Tale dato deve essere letto alla luce del fatto che lo stock medio di foreste, in Europa, risulta essersi accresciuto del 30% tra il 1990 e il 2020, passando da 133 m3/ha a 173 m3/ha.

Fonte: Bioenergy Europe Statistical Report 2021

Questo si traduce in una maggiore disponibilità di biomassa e quindi di energia carbon neutral, nonché di una maggiore tutela del patrimonio ambientale e della biodiversità.

Gli eventi metereologici estremi comportano un rischio maggiore per il mantenimento dello stock di foreste; Infatti, gli eventi estremi e gli incendi, facilitati dalle temperature estive più elevate e asciutte, minacciano seriamente questa fonte di energia, nonché le esternalità positive ad essa correlate, come ad esempio il sequestro del carbonio e una maggiore biodiversità.

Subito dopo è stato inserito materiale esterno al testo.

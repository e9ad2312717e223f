-- ===== src/Wire/RoundTrip.antt =====
-- What the parser makes of the packets that a sender builds.
use counter_drone_streaming.Base.{
  ℕ, ◌+◌, ◌^◌, ◌≤◌, ◌<◌, ◌≡◌, refl, sym, ◌∙◌, ap, arith, List, [], ◌++◌, length, take, drop, All,
  some, length-append, take-length-append, drop-length-append, append-nil, drop-drop,
}
use counter_drone_streaming.Ring.Valid.{IsByte}
use counter_drone_streaming.Telemetry.{Telemetry}
use counter_drone_streaming.Bytes.BigEndian.{bytes_be, value_be, length-bytes_be, value_be-bytes_be}
use counter_drone_streaming.Payload.Decode.{field, decode}
use counter_drone_streaming.Wire.{serialize_payload}

-- What a sender's record may hold: a name of at most 214 bytes, and numbers of 64 bits.
pub record IsSendable (t : Telemetry) : Type 0 where
  pub name : All IsByte t.drone_id
  pub short : length t.drone_id ≤ 214
  pub latitude : t.latitude < 2 ^ 64
  pub longitude : t.longitude < 2 ^ 64
  pub altitude : t.altitude < 2 ^ 64
  pub speed : t.speed < 2 ^ 64
  pub timestamp : t.timestamp < 2 ^ 64

-- A number at the front, and one behind other bytes.
pub field_front :
    (size v : ℕ) (rest : List ℕ) → v < 256 ^ size → field size 0 (bytes_be size v ++ rest) ≡ v
unfolding field
field_front size v rest h =
    ap value_be (
      ap (λ k. take k (bytes_be size v ++ rest)) (sym (length-bytes_be size v))
      ∙ take-length-append (bytes_be size v) rest)
    ∙ value_be-bytes_be size v h

pub field_skip :
    (xs ys : List ℕ) (size k offset : ℕ)
    → offset ≡ length xs + k
    → field size offset (xs ++ ys) ≡ field size k ys
unfolding field
field_skip xs ys size k offset e =
    ap (λ t. value_be (take size (drop t (xs ++ ys)))) e
    ∙ ap (λ t. value_be (take size t))
        (sym (drop-drop k (length xs) (xs ++ ys)) ∙ ap (drop k) (drop-length-append xs ys))

-- One number, and then the next.
field_next : (v : ℕ) (ys : List ℕ) (k : ℕ) → field 8 (k + 8) (bytes_be 8 v ++ ys) ≡ field 8 k ys
field_next v ys k = field_skip (bytes_be 8 v) ys 8 k (k + 8) (omega (arith, length-bytes_be 8 v))

pub length-serialize_payload :
    (t : Telemetry) → length (serialize_payload t) ≡ length t.drone_id + 42
unfolding serialize_payload
length-serialize_payload t = simp (length-append, length-bytes_be) (omega arith)

module _ (t : Telemetry) (s : IsSendable t) where
  numbers : List ℕ
  numbers =
      bytes_be 8 t.latitude
      ++ (bytes_be 8 t.longitude
          ++ (bytes_be 8 t.altitude ++ (bytes_be 8 t.speed ++ bytes_be 8 t.timestamp)))

  name_length : field 2 0 (serialize_payload t) ≡ length t.drone_id
  unfolding serialize_payload
  name_length = field_front 2 (length t.drone_id) _ (omega (arith, s.short))

  -- The numbers stand behind the name.
  field-numbers :
      (k : ℕ) → field 8 (2 + length t.drone_id + k) (serialize_payload t) ≡ field 8 k numbers
  unfolding serialize_payload numbers
  field-numbers k =
      field_skip (bytes_be 2 (length t.drone_id)) (t.drone_id ++ numbers) 8 (length t.drone_id + k)
        _ (omega (arith, length-bytes_be 2 (length t.drone_id)))
      ∙ field_skip t.drone_id numbers 8 k _ refl

  field_last : field 8 0 (bytes_be 8 t.timestamp) ≡ t.timestamp
  field_last =
      ap (field 8 0) (sym (append-nil (bytes_be 8 t.timestamp)))
      ∙ field_front 8 t.timestamp [] s.timestamp

  numbers_lem :
      (field 8 0 numbers ≡ t.latitude)
      × (field 8 8 numbers ≡ t.longitude)
      × (field 8 16 numbers ≡ t.altitude)
      × (field 8 24 numbers ≡ t.speed)
      × (field 8 32 numbers ≡ t.timestamp)
  unfolding numbers
  numbers_lem = (
    field_front 8 t.latitude _ s.latitude,
    field_next t.latitude _ 0 ∙ field_front 8 t.longitude _ s.longitude,
    field_next t.latitude _ 8 ∙ field_next t.longitude _ 0 ∙ field_front 8 t.altitude _ s.altitude,
    field_next t.latitude _ 16
        ∙ field_next t.longitude _ 8
        ∙ field_next t.altitude _ 0
        ∙ field_front 8 t.speed _ s.speed,
    field_next t.latitude _ 24
        ∙ field_next t.longitude _ 16
        ∙ field_next t.altitude _ 8
        ∙ field_next t.speed _ 0
        ∙ field_last,
  )

  name_bytes : take (length t.drone_id) (drop 2 (serialize_payload t)) ≡ t.drone_id
  unfolding serialize_payload
  name_bytes =
      ap (λ k. take (length t.drone_id) (drop k (serialize_payload t)))
        (sym (length-bytes_be 2 (length t.drone_id)))
      ∙ ap (take (length t.drone_id)) (drop-length-append (bytes_be 2 (length t.drone_id)) _)
      ∙ take-length-append t.drone_id _

  -- For a record with a name of at most 214 bytes and numbers of 64 bits, decoding the sender's
  -- serialized payload returns the record.
  pub decode-serialize_payload : decode (serialize_payload t) ≡ some t
  unfolding decode
  decode-serialize_payload = ground (
    arith,
    name_length,
    length-serialize_payload t,
    name_bytes,
    numbers_lem,
    field-numbers 0,
    field-numbers 8,
    field-numbers 16,
    field-numbers 24,
    field-numbers 32,
  )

Fonte: Bioenergy Europe Statistical Report 2021

 

In sintesi, il settore delle biomasse si presenta come una componente rilevante nell’ottica di uno sviluppo sostenibile e a neutralità carbonica, in quanto consente un utilizzo di prodotti di scarto senza immettere quantità aggiuntive di gas serra e rilanciare le periferie come centri di raccolta e produzione di energia.

Inoltre, con tale metodologia di produzione, alla luce del fatto che la maggior parte degli “input” sono a base di materiale legnoso e che le risorse forestali risultano accresciute nell’ultimo trentennio, emerge l’importanza di un approccio che gestisca nella maniera più efficiente possibile le risorse generate.